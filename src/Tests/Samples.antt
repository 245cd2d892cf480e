-- ===== src/Tests/Samples.antt =====
-- The path "/a/.", and paths of members of it.
use janosh.Common.{ℕ, ◌<◌, ◌^◌, ◌∷◌, [], ◌≡◌, refl, ◌∙◌, arith}
use janosh.Result.{ok}
use janosh.Decimal.RoundTrip.{decimal}
use janosh.Component
use janosh.Component.{Component, of_string}
use janosh.Component.Order.{index, of_string-index_key}
use janosh.Path.{KeyPath, parent, as_directory, with_index}
use janosh.Path.Compile.{compiled, HasKey}
use janosh.Path.Reads.{IsCanonical}
use janosh.Path.Algebra.{dot, IsPlain, compiled-IsPlain, with_child-compiled}
use janosh.Path.Family.{
  parent-with_child, parse_index-with_index, dot-HasKey, dot-IsCanonical, index-HasKey,
  with_index-compiled, as_directory-compiled,
}

abbrev pub named : ℕ → Component
named c = record { key = c ∷ []; pretty = c ∷ [] }

abbrev pub a : Component
a = named b'a'

pub a-HasKey : HasKey a
a-HasKey = record {
  no_slash = (omega arith, tt);
  no_space = (omega arith, tt);
  not_empty = λ p. cc;
}

pub a-IsCanonical : IsCanonical ⦃cast = decimal⦄ a
unfolding of_string
a-IsCanonical = refl

abbrev pub array_dir : KeyPath
array_dir = compiled (a ∷ dot ∷ [])

pub array_dir-IsPlain : IsPlain ⦃cast = decimal⦄ array_dir
array_dir-IsPlain =
    compiled-IsPlain ⦃cast = decimal⦄ (a ∷ dot ∷ []) (a-HasKey, (dot-HasKey, tt))
      (a-IsCanonical, (dot-IsCanonical ⦃cast = decimal⦄, tt))

abbrev pub slot : ℕ → KeyPath
slot n = compiled (a ∷ index ⦃cast = decimal⦄ n ∷ [])

pub slot-IsPlain : (n : ℕ) → n < 2 ^ 64 → IsPlain ⦃cast = decimal⦄ (slot n)
slot-IsPlain n h =
    compiled-IsPlain ⦃cast = decimal⦄ (a ∷ index ⦃cast = decimal⦄ n ∷ [])
      (a-HasKey, (index-HasKey ⦃cast = decimal⦄ n h, tt))
      (a-IsCanonical, (of_string-index_key ⦃cast = decimal⦄ n h, tt))

pub with_index-slot : (n : ℕ) → n < 2 ^ 64 → with_index ⦃cast = decimal⦄ array_dir n ≡ ok (slot n)
unfolding Component.is_directory Component.is_wildcard
with_index-slot n h = with_index-compiled ⦃cast = decimal⦄ array_dir n array_dir-IsPlain h

pub array_dir_directory : as_directory ⦃cast = decimal⦄ array_dir ≡ ok array_dir
unfolding Component.is_directory Component.is_wildcard
array_dir_directory = as_directory-compiled ⦃cast = decimal⦄ array_dir array_dir-IsPlain

pub parent-slot : (n : ℕ) → n < 2 ^ 64 → parent ⦃cast = decimal⦄ (slot n) ≡ ok array_dir
parent-slot n h =
    (parse_index-with_index ⦃cast = decimal⦄ array_dir n array_dir-IsPlain h (slot n)
      (with_index-slot n h)).1
    ∙ array_dir_directory

-- A member of an object that is not there.
abbrev pub member : KeyPath
member = compiled (a ∷ a ∷ [])

pub member-IsPlain : IsPlain ⦃cast = decimal⦄ member
member-IsPlain =
    compiled-IsPlain ⦃cast = decimal⦄ (a ∷ a ∷ []) (a-HasKey, (a-HasKey, tt))
      (a-IsCanonical, (a-IsCanonical, tt))

pub parent-member : parent ⦃cast = decimal⦄ member ≡ ok array_dir
unfolding Component.is_directory Component.is_wildcard
parent-member =
    (parent-with_child ⦃cast = decimal⦄ array_dir a array_dir-IsPlain a-HasKey a-IsCanonical refl
      refl member
      (with_child-compiled ⦃cast = decimal⦄ array_dir a array_dir-IsPlain a-HasKey a-IsCanonical)).0
    ∙ array_dir_directory
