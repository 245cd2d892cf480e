-- ===== src/Tests/Array.antt =====
-- A server that holds the array "/a/." of one member.
use janosh.Common.{
  ℕ, ◌<◌, ◌∷◌, [], true, false, ◌≡◌, refl, subst, inl, inr, Bytes, bytes_eq, bytes_eq_iff,
  Bool-cases, codes, arith, All, none, some,
}
use janosh.Result.{ok}
use janosh.Decimal.RoundTrip.{decimal}
use janosh.Component
use janosh.Component.{LexicalCast}
use janosh.Component.Bits.{key_encode_index}
use janosh.Path
use janosh.Path.{KeyPath}
use janosh.Path.Update.{update-canonical}
use janosh.Path.Compile.{compiled}
use janosh.Path.Algebra.{dot, IsPlain, compiled-IsPlain}
use janosh.Path.Family.{parse_index-with_index, dot-HasKey, dot-IsCanonical}
use janosh.Value
use janosh.Value.{Value, string, array}
use janosh.Value.Stored.{of_stored}
use janosh.Tracker
use janosh.Remote.{RemoteDb, World}
use janosh.Record.Fetch.{IsSingle, IsReadable}
use janosh.Database.Containers.{HasContainer, in_array}
use janosh.Database.Values.{IsPlace}
use janosh.Tests.Server.{Records, lookup, listed}
use janosh.Tests.Samples.{
  array_dir, array_dir-IsPlain, slot, slot-IsPlain, with_index-slot, parent-slot,
}

pub lookup-IsReadable :
    (rs : Records)
    → All
        (λ (r : Bytes × Bytes).
          (p : KeyPath) × (Path.update ⦃cast = decimal⦄ r.0 ≡ ok p) × (p.key_str ≡ r.0))
        rs
    → IsReadable ⦃cast = decimal⦄ (lookup rs)
lookup-IsReadable [] h k v e = cc
lookup-IsReadable ((j, x) ∷ rs) (here, more) k v e = elim (Bool-cases (bytes_eq j k)) [
  | inl same ↦
      subst (λ i. (p : KeyPath) × (Path.update ⦃cast = decimal⦄ i ≡ ok p) × (p.key_str ≡ i))
        ((bytes_eq_iff j k).0 same) here
  | inr other ↦ lookup-IsReadable rs more k v (rw other at e)
]

abbrev pub root : KeyPath
root = compiled (dot ∷ [])

pub root-IsPlain : IsPlain ⦃cast = decimal⦄ root
root-IsPlain =
    compiled-IsPlain ⦃cast = decimal⦄ (dot ∷ []) (dot-HasKey, tt)
      (dot-IsCanonical ⦃cast = decimal⦄, tt)

pub reads_back :
    (p : KeyPath) → IsPlain ⦃cast = decimal⦄ p → Path.update ⦃cast = decimal⦄ p.key_str ≡ ok p
reads_back p h = update-canonical ⦃cast = decimal⦄ p h.well_formed h.canonical

abbrev pub before : Records
before =
    (array_dir.key_str, codes "A1")
    ∷ ((slot 0).key_str, codes "sx")
    ∷ (root.key_str, codes "O1")
    ∷ []

pub before-IsReadable : IsReadable ⦃cast = decimal⦄ (lookup before)
before-IsReadable = lookup-IsReadable before (
  (array_dir, reads_back array_dir array_dir-IsPlain, refl),
  (
    (slot 0, reads_back (slot 0) (slot-IsPlain 0 (omega arith)), refl),
    ((root, reads_back root root-IsPlain, refl), tt),
  ),
)

abbrev pub world : Records → World ⦃remote = listed⦄
world rs = record { db = record { records = rs; places = [] }; tracker = Tracker.new; sent = [] }

pub array_dir-IsSingle : IsSingle ⦃cast = decimal⦄ array_dir
unfolding Path.is_root Path.is_empty Component.is_wildcard
array_dir-IsSingle = record {
  plain = array_dir-IsPlain;
  no_wildcard = refl;
  root_key = λ h. cc;
  no_empty = refl;
}

pub slot-IsSingle : (n : ℕ) → IsPlain ⦃cast = decimal⦄ (slot n) → IsSingle ⦃cast = decimal⦄ (slot n)
unfolding Path.is_root Path.is_empty Component.is_wildcard
slot-IsSingle n h = record { plain = h; no_wildcard = refl; root_key = λ h. cc; no_empty = refl }

pub one_member : HasContainer ⦃cast = decimal⦄ array_dir array 1 (lookup before)
unfolding decimal Component.is_directory
one_member = record {
  single = array_dir-IsSingle;
  is_directory = refl;
  contains = refl;
  in_range = omega arith;
  stored = refl;
}

instance abbrev cast : LexicalCast
cast = decimal

instance abbrev remote : RemoteDb
remote = listed

abbrev pub text_y : Value
text_y = record { str_obj = codes "y"; type = string; size = 1; initialized = true }

abbrev pub text_x : Value
text_x = record { str_obj = codes "x"; type = string; size = 1; initialized = true }

pub text_y_stored : Value.make_db_string text_y ≡ ok (codes "sy")
unfolding Value.make_db_string
text_y_stored = refl

pub text_x_read : of_stored false false Value.uninitialized (codes "sx") ≡ ok text_x
unfolding of_stored
text_x_read = refl

-- The element 1 is the next of the array, and the element 0 is there.
pub slot-IsPlace : (i : ℕ) → i < 2 → IsPlace (slot i) array_dir array 1 (lookup before)
unfolding Component.is_directory Path.is_root key_encode_index
slot-IsPlace i h = record {
  single = slot-IsSingle i (slot-IsPlain i (omega arith));
  no_directory = refl;
  no_root = refl;
  up = parent-slot i (omega arith);
  has_container = one_member;
  has_room =
      in_array i
        (parse_index-with_index array_dir i array_dir-IsPlain (omega arith) (slot i)
          (with_index-slot i (omega arith))).0
        (omega arith);
  apart = λ e. cc;
}

pub slot_1_free : lookup before (slot 1).key_str ≡ none
unfolding key_encode_index bytes_eq
slot_1_free = refl

pub slot_0_there : lookup before (slot 0).key_str ≡ some (codes "sx")
unfolding key_encode_index bytes_eq
slot_0_there = refl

====

## What to do
Word for word, please print every line from the beginning of the records to the line bearing "abbrev pub slot : ℕ → KeyPath", counting both ends and stopping there.

## Task response
filename src/Tests/Samples.antt
repository 245cd2d892cf480e
-- ===== src/Tests/Samples.antt =====
-- The path "/a/.", and paths of members of it.
use janosh.Common.{ℕ, ◌<◌, ◌^◌, ◌∷◌, [], ◌≡◌, refl, ◌∙◌, arith}
use janosh.Result.{ok}
use janosh.Decimal.RoundTrip.{decimal}
use janosh.Component
use janosh.Component.{Component, of_string}
use janosh.Component.Order.{index, of_string-index_key}
use janosh.Path.{KeyPath, parent, as_directory, with_index}
use janosh.Path.Compile.{compiled, HasKey}
use janosh.Path.Reads.{IsCanonical}
use janosh.Path.Algebra.{dot, IsPlain, compiled-IsPlain, with_child-compiled}
use janosh.Path.Family.{
  parent-with_child, parse_index-with_index, dot-HasKey, dot-IsCanonical, index-HasKey,
  with_index-compiled, as_directory-compiled,
}

abbrev pub named : ℕ → Component
named c = record { key = c ∷ []; pretty = c ∷ [] }

abbrev pub a : Component
a = named b'a'

pub a-HasKey : HasKey a
a-HasKey = record {
  no_slash = (omega arith, tt);
  no_space = (omega arith, tt);
  not_empty = λ p. cc;
}

pub a-IsCanonical : IsCanonical ⦃cast = decimal⦄ a
unfolding of_string
a-IsCanonical = refl

abbrev pub array_dir : KeyPath
array_dir = compiled (a ∷ dot ∷ [])

pub array_dir-IsPlain : IsPlain ⦃cast = decimal⦄ array_dir
array_dir-IsPlain =
    compiled-IsPlain ⦃cast = decimal⦄ (a ∷ dot ∷ []) (a-HasKey, (dot-HasKey, tt))
      (a-IsCanonical, (dot-IsCanonical ⦃cast = decimal⦄, tt))

abbrev pub slot : ℕ → KeyPath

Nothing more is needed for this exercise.